BEGIN
-- ===== src/Agent/Progress.antt =====
-- Invariants of `AsyncGate` (src/node-agent/agent.ts) on its schedules.
use base_layer.Base.{
  ℕ, ◌+◌, ◌-◌, ◌≤◌, ◌<◌, true, false, List, [], ◌∷◌, ◌≡◌, refl, ap, arith, leb, nat_eq, Bool-cases,
  inl, inr, ◌⊎◌, any, length, length-append,
}
use base_layer.Agent.Gate.{
  AsyncGate, idle_gate, wake, without, Move, acquire, resumed, resume, release, move, Reachable,
  PromptlyReachable,
}

abbrev Accounted : ℕ → AsyncGate → Type 0
Accounted limit g =
    (g.active ≡ length g.holders) × (0 < length g.waiters → limit ≤ g.active + length g.woken)

length-without :
    (ticket : ℕ) (ts : List ℕ)
    → any (λ t. nat_eq t ticket) ts ≡ true
    → length (without ticket ts) + 1 ≡ length ts
unfolding without
length-without ticket [] h = absurd (ground arith)
length-without ticket (t ∷ ts) h = elim (Bool-cases (nat_eq t ticket)) [
  | inl e ↦ rw e (omega arith)
  | inr e ↦ rw e (omega (arith, length-without ticket ts (rw e at h)))
]

module _ (limit : ℕ) where
  acquire-Accounted :
      (t : ℕ) (g : AsyncGate) → Accounted limit g → Accounted limit (acquire limit t g)
  unfolding acquire
  acquire-Accounted t g (own, full) = elim (Bool-cases (leb limit 0)) [
    | inl z ↦ rw z (own, full)
    | inr z ↦ elim (Bool-cases (leb limit g.active)) [
      | inl b ↦ rw (z, b) (own, λ _. ground arith)
      | inr b ↦ rw (z, b) (omega arith, λ w. omega (arith, full w))
    ]
  ]

  resume-Accounted : (g : AsyncGate) → Accounted limit g → Accounted limit (resume limit g)
  unfolding resume
  resume-Accounted g w = go g.active g.waiters g.woken g.holders w
    where
      go :
          (active : ℕ) (waiters woken holders : List ℕ)
          → Accounted limit
              (record { active = active; waiters = waiters; woken = woken; holders = holders })
          → Accounted limit (
              resumed limit woken
                (record { active = active; waiters = waiters; woken = woken; holders = holders }))
      go active waiters [] holders w = w
      go active waiters (t ∷ rest) holders (own, full) = (omega arith, λ k. omega (arith, full k))

  wake-Accounted :
      (g : AsyncGate)
      → (g.active ≡ length g.holders)
      → (0 < length g.waiters → limit ≤ g.active + length g.woken + 1)
      → Accounted limit (wake g.waiters g)
  wake-Accounted g own full = go g.active g.waiters g.woken g.holders own full
    where
      go :
          (active : ℕ) (waiters woken holders : List ℕ)
          → active ≡ length holders
          → (0 < length waiters → limit ≤ active + length woken + 1)
          → Accounted limit (
              wake waiters
                (record { active = active; waiters = waiters; woken = woken; holders = holders }))
      go active [] woken holders own full = (own, λ k. absurd (omega arith))
      go active (t ∷ rest) woken holders own full =
          (own, λ k. omega (arith, full (omega arith), length-append woken (t ∷ [])))

  release-Accounted :
      (t : ℕ) (g : AsyncGate) → Accounted limit g → Accounted limit (release limit t g)
  unfolding release
  release-Accounted t g (own, full) = elim (Bool-cases (any (λ h. nat_eq h t) g.holders)) [
    | inl e ↦ rw e (
        wake-Accounted (record g { active = g.active - 1; holders = without t g.holders })
          (omega (arith, length-without t g.holders e)) (λ k. omega (arith, full k)))
    | inr e ↦ rw e (own, full)
  ]

  Reachable-Accounted : (g : AsyncGate) → Reachable limit g → Accounted limit g
  unfolding move idle_gate
  Reachable-Accounted g Reachable.start = (refl, λ k. absurd (omega arith))
  Reachable-Accounted g (Reachable.then_move r (Move.acquires t)) =
      acquire-Accounted t _ (Reachable-Accounted _ r)
  Reachable-Accounted g (Reachable.then_move r Move.resumes) =
      resume-Accounted _ (Reachable-Accounted _ r)
  Reachable-Accounted g (Reachable.then_move r (Move.releases t)) =
      release-Accounted t _ (Reachable-Accounted _ r)

-- On every schedule, `active` is the number of tickets whose release function has not been called,
-- and no ticket waits while the gate has room for it: the woken and the active tickets fill it.
pub gate-no_lost_wakeup :
    (limit : ℕ) (g : AsyncGate)
    → Reachable limit g
    → (g.active ≡ length g.holders) × ((length g.waiters ≡ 0) ⊎ (limit ≤ g.active + length g.woken))
gate-no_lost_wakeup limit g r =
    let (own, full) = Reachable-Accounted limit g r in
    (
      own,
      elim (Bool-cases (nat_eq (length g.waiters) 0)) [
        | inl e ↦ inl (ground arith)
        | inr e ↦ inr (full (ground arith))
      ],
    )

-- The active and the woken tickets are within the limit.
abbrev pub Within : ℕ → AsyncGate → Type 0
Within limit g = (g.active + length g.woken ≤ limit) × (g.active ≡ length g.holders)

module _ (limit : ℕ) (positive : 0 < limit) where
  acquire-Within :
      (t : ℕ) (g : AsyncGate) → g.woken ≡ [] → Within limit g → Within limit (acquire limit t g)
  unfolding acquire
  acquire-Within t g none_woken (few, own) =
      let z : leb limit 0 ≡ false = ground arith in
      elim (Bool-cases (leb limit g.active)) [
        | inl b ↦ rw (z, b) (few, own)
        | inr b ↦ rw (z, b) (omega (arith, ap length none_woken, few, room _ _ b), omega arith)
      ]
    where
      room : (a b : ℕ) → leb a b ≡ false → b < a
      room a b h = ground arith

  resume-Within : (g : AsyncGate) → Within limit g → Within limit (resume limit g)
  unfolding resume
  resume-Within g w = go g.active g.waiters g.woken g.holders w
    where
      go :
          (active : ℕ) (waiters woken holders : List ℕ)
          → Within limit
              (record { active = active; waiters = waiters; woken = woken; holders = holders })
          → Within limit (
              resumed limit woken
                (record { active = active; waiters = waiters; woken = woken; holders = holders }))
      go active waiters [] holders w = w
      go active waiters (t ∷ rest) holders (few, own) = (omega arith, omega arith)

  release-Within : (t : ℕ) (g : AsyncGate) → Within limit g → Within limit (release limit t g)
  unfolding release
  release-Within t g (few, own) = elim (Bool-cases (any (λ h. nat_eq h t) g.holders)) [
    | inl e ↦ rw e (
        go (g.active - 1) g.waiters g.woken (without t g.holders)
          (omega (arith, length-without t g.holders e))
          (omega (arith, length-without t g.holders e)))
    | inr e ↦ rw e (few, own)
  ]
    where
      go :
          (active : ℕ) (waiters woken holders : List ℕ)
          → active ≡ length holders
          → active + length woken + 1 ≤ limit
          → Within limit (
              wake waiters
                (record { active = active; waiters = waiters; woken = woken; holders = holders }))
      go active [] woken holders own few = (omega arith, own)
      go active (t ∷ rest) woken holders own few =
          (omega (arith, length-append woken (t ∷ [])), own)

  -- Where no `acquire` is called between a release and the next step of the waiter that it wakes, a gate
  -- with a positive limit never has more active tickets than the limit.
  pub gate-Within_limit : (g : AsyncGate) → PromptlyReachable limit g → Within limit g
  unfolding move idle_gate
  gate-Within_limit g PromptlyReachable.start = (omega arith, refl)
  gate-Within_limit g (PromptlyReachable.then_move r (Move.acquires t) p) =
      acquire-Within t _ p (gate-Within_limit _ r)
  gate-Within_limit g (PromptlyReachable.then_move r Move.resumes p) =
      resume-Within _ (gate-Within_limit _ r)
  gate-Within_limit g (PromptlyReachable.then_move r (Move.releases t) p) =
      release-Within t _ (gate-Within_limit _ r)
END
» YOUR GOAL
Please repeat each line above exactly.

» ANSWER BOX
-- ===== src/Agent/Progress.antt =====
-- Invariants of `AsyncGate` (src/node-agent/agent.ts) on its schedules.
use base_layer.Base.{
  ℕ, ◌+◌, ◌-◌, ◌≤◌, ◌<◌, true, false, List, [], ◌∷◌, ◌≡◌, refl, ap, arith, leb, nat_eq, Bool-cases,
  inl, inr, ◌⊎◌, any, length, length-append,
}
use base_layer.Agent.Gate.{
  AsyncGate, idle_gate, wake, without, Move, acquire, resumed, resume, release, move, Reachable,
  PromptlyReachable,
}

abbrev Accounted : ℕ → AsyncGate → Type 0
Accounted limit g =
    (g.active ≡ length g.holders) × (0 < length g.waiters → limit ≤ g.active + length g.woken)

length-without :
    (ticket : ℕ) (ts : List ℕ)
    → any (λ t. nat_eq t ticket) ts ≡ true
    → length (without ticket ts) + 1 ≡ length ts
unfolding without
length-without ticket [] h = absurd (ground arith)
length-without ticket (t ∷ ts) h = elim (Bool-cases (nat_eq t ticket)) [
  | inl e ↦ rw e (omega arith)
  | inr e ↦ rw e (omega (arith, length-without ticket ts (rw e at h)))
]

module _ (limit : ℕ) where
  acquire-Accounted :
      (t : ℕ) (g : AsyncGate) → Accounted limit g → Accounted limit (acquire limit t g)
  unfolding acquire
  acquire-Accounted t g (own, full) = elim (Bool-cases (leb limit 0)) [
    | inl z ↦ rw z (own, full)
    | inr z ↦ elim (Bool-cases (leb limit g.active)) [
      | inl b ↦ rw (z, b) (own, λ _. ground arith)
      | inr b ↦ rw (z, b) (omega arith, λ w. omega (arith, full w))
    ]
  ]

  resume-Accounted : (g : AsyncGate) → Accounted limit g → Accounted limit (resume limit g)
  unfolding resume
  resume-Accounted g w = go g.active g.waiters g.woken g.holders w
    where
      go :
          (active : ℕ) (waiters woken holders : List ℕ)
          → Accounted limit
              (record { active = active; waiters = waiters; woken = woken; holders = holders })
          → Accounted limit (
              resumed limit woken
                (record { active = active; waiters = waiters; woken = woken; holders = holders }))
      go active waiters [] holders w = w
      go active waiters (t ∷ rest) holders (own, full) = (omega arith, λ k. omega (arith, full k))

  wake-Accounted :
      (g : AsyncGate)
      → (g.active ≡ length g.holders)
      → (0 < length g.waiters → limit ≤ g.active + length g.woken + 1)
      → Accounted limit (wake g.waiters g)
  wake-Accounted g own full = go g.active g.waiters g.woken g.holders own full
    where
      go :
          (active : ℕ) (waiters woken holders : List ℕ)
          → active ≡ length holders
          → (0 < length waiters → limit ≤ active + length woken + 1)
          → Accounted limit (
              wake waiters
                (record { active = active; waiters = waiters; woken = woken; holders = holders }))
      go active [] woken holders own full = (own, λ k. absurd (omega arith))
      go active (t ∷ rest) woken holders own full =
          (own, λ k. omega (arith, full (omega arith), length-append woken (t ∷ [])))

  release-Accounted :
      (t : ℕ) (g : AsyncGate) → Accounted limit g → Accounted limit (release limit t g)
  unfolding release
  release-Accounted t g (own, full) = elim (Bool-cases (any (λ h. nat_eq h t) g.holders)) [
    | inl e ↦ rw e (
        wake-Accounted (record g { active = g.active - 1; holders = without t g.holders })
          (omega (arith, length-without t g.holders e)) (λ k. omega (arith, full k)))
    | inr e ↦ rw e (own, full)
  ]

  Reachable-Accounted : (g : AsyncGate) → Reachable limit g → Accounted limit g
  unfolding move idle_gate
  Reachable-Accounted g Reachable.start = (refl, λ k. absurd (omega arith))
  Reachable-Accounted g (Reachable.then_move r (Move.acquires t)) =
      acquire-Accounted t _ (Reachable-Accounted _ r)
  Reachable-Accounted g (Reachable.then_move r Move.resumes) =
      resume-Accounted _ (Reachable-Accounted _ r)
  Reachable-Accounted g (Reachable.then_move r (Move.releases t)) =
      release-Accounted t _ (Reachable-Accounted _ r)

-- On every schedule, `active` is the number of tickets whose release function has not been called,
-- and no ticket waits while the gate has room for it: the woken and the active tickets fill it.
pub gate-no_lost_wakeup :
    (limit : ℕ) (g : AsyncGate)
    → Reachable limit g
    → (g.active ≡ length g.holders) × ((length g.waiters ≡ 0) ⊎ (limit ≤ g.active + length g.woken))
gate-no_lost_wakeup limit g r =
    let (own, full) = Reachable-Accounted limit g r in
    (
      own,
      elim (Bool-cases (nat_eq (length g.waiters) 0)) [
        | inl e ↦ inl (ground arith)
        | inr e ↦ inr (full (ground arith))
      ],
    )

-- The active and the woken tickets are within the limit.
abbrev pub Within : ℕ → AsyncGate → Type 0
Within limit g = (g.active + length g.woken ≤ limit) × (g.active ≡ length g.holders)

module _ (limit : ℕ) (positive : 0 < limit) where
  acquire-Within :
      (t : ℕ) (g : AsyncGate) → g.woken ≡ [] → Within limit g → Within limit (acquire limit t g)
  unfolding acquire
  acquire-Within t g none_woken (few, own) =
      let z : leb limit 0 ≡ false = ground arith in
      elim (Bool-cases (leb limit g.active)) [
        | inl b ↦ rw (z, b) (few, own)
        | inr b ↦ rw (z, b) (omega (arith, ap length none_woken, few, room _ _ b), omega arith)
      ]
    where
      room : (a b : ℕ) → leb a b ≡ false → b < a
      room a b h = ground arith

  resume-Within : (g : AsyncGate) → Within limit g → Within limit (resume limit g)
  unfolding resume
  resume-Within g w = go g.active g.waiters g.woken g.holders w
    where
      go :
          (active : ℕ) (waiters woken holders : List ℕ)
          → Within limit
              (record { active = active; waiters = waiters; woken = woken; holders = holders })
          → Within limit (
              resumed limit woken
                (record { active = active; waiters = waiters; woken = woken; holders = holders }))
      go active waiters [] holders w = w
      go active waiters (t ∷ rest) holders (few, own) = (omega arith, omega arith)

  release-Within : (t : ℕ) (g : AsyncGate) → Within limit g → Within limit (release limit t g)
  unfolding release
  release-Within t g (few, own) = elim (Bool-cases (any (λ h. nat_eq h t) g.holders)) [
    | inl e ↦ rw e (
        go (g.active - 1) g.waiters g.woken (without t g.holders)
          (omega (arith, length-without t g.holders e))
          (omega (arith, length-without t g.holders e)))
    | inr e ↦ rw e (few, own)
  ]
    where
      go :
          (active : ℕ) (waiters woken holders : List ℕ)
          → active ≡ length holders
          → active + length woken + 1 ≤ limit
          → Within limit (
              wake waiters
                (record { active = active; waiters = waiters; woken = woken; holders = holders }))
      go active [] woken holders own few = (omega arith, own)
      go active (t ∷ rest) woken holders own few =
          (omega (arith, length-append woken (t ∷ [])), own)

  -- Where no `acquire` is called between a release and the next step of the waiter that it wakes, a gate
  -- with a positive limit never has more active tickets than the limit.
  pub gate-Within_limit : (g : AsyncGate) → PromptlyReachable limit g → Within limit g
  unfolding move idle_gate
  gate-Within_limit g PromptlyReachable.start = (omega arith, refl)
  gate-Within_limit g (PromptlyReachable.then_move r (Move.acquires t) p) =
      acquire-Within t _ p (gate-Within_limit _ r)
  gate-Within_limit g (PromptlyReachable.then_move r Move.resumes p) =
      resume-Within _ (gate-Within_limit _ r)
  gate-Within_limit g (PromptlyReachable.then_move r (Move.releases t) p) =
      release-Within t _ (gate-Within_limit _ r)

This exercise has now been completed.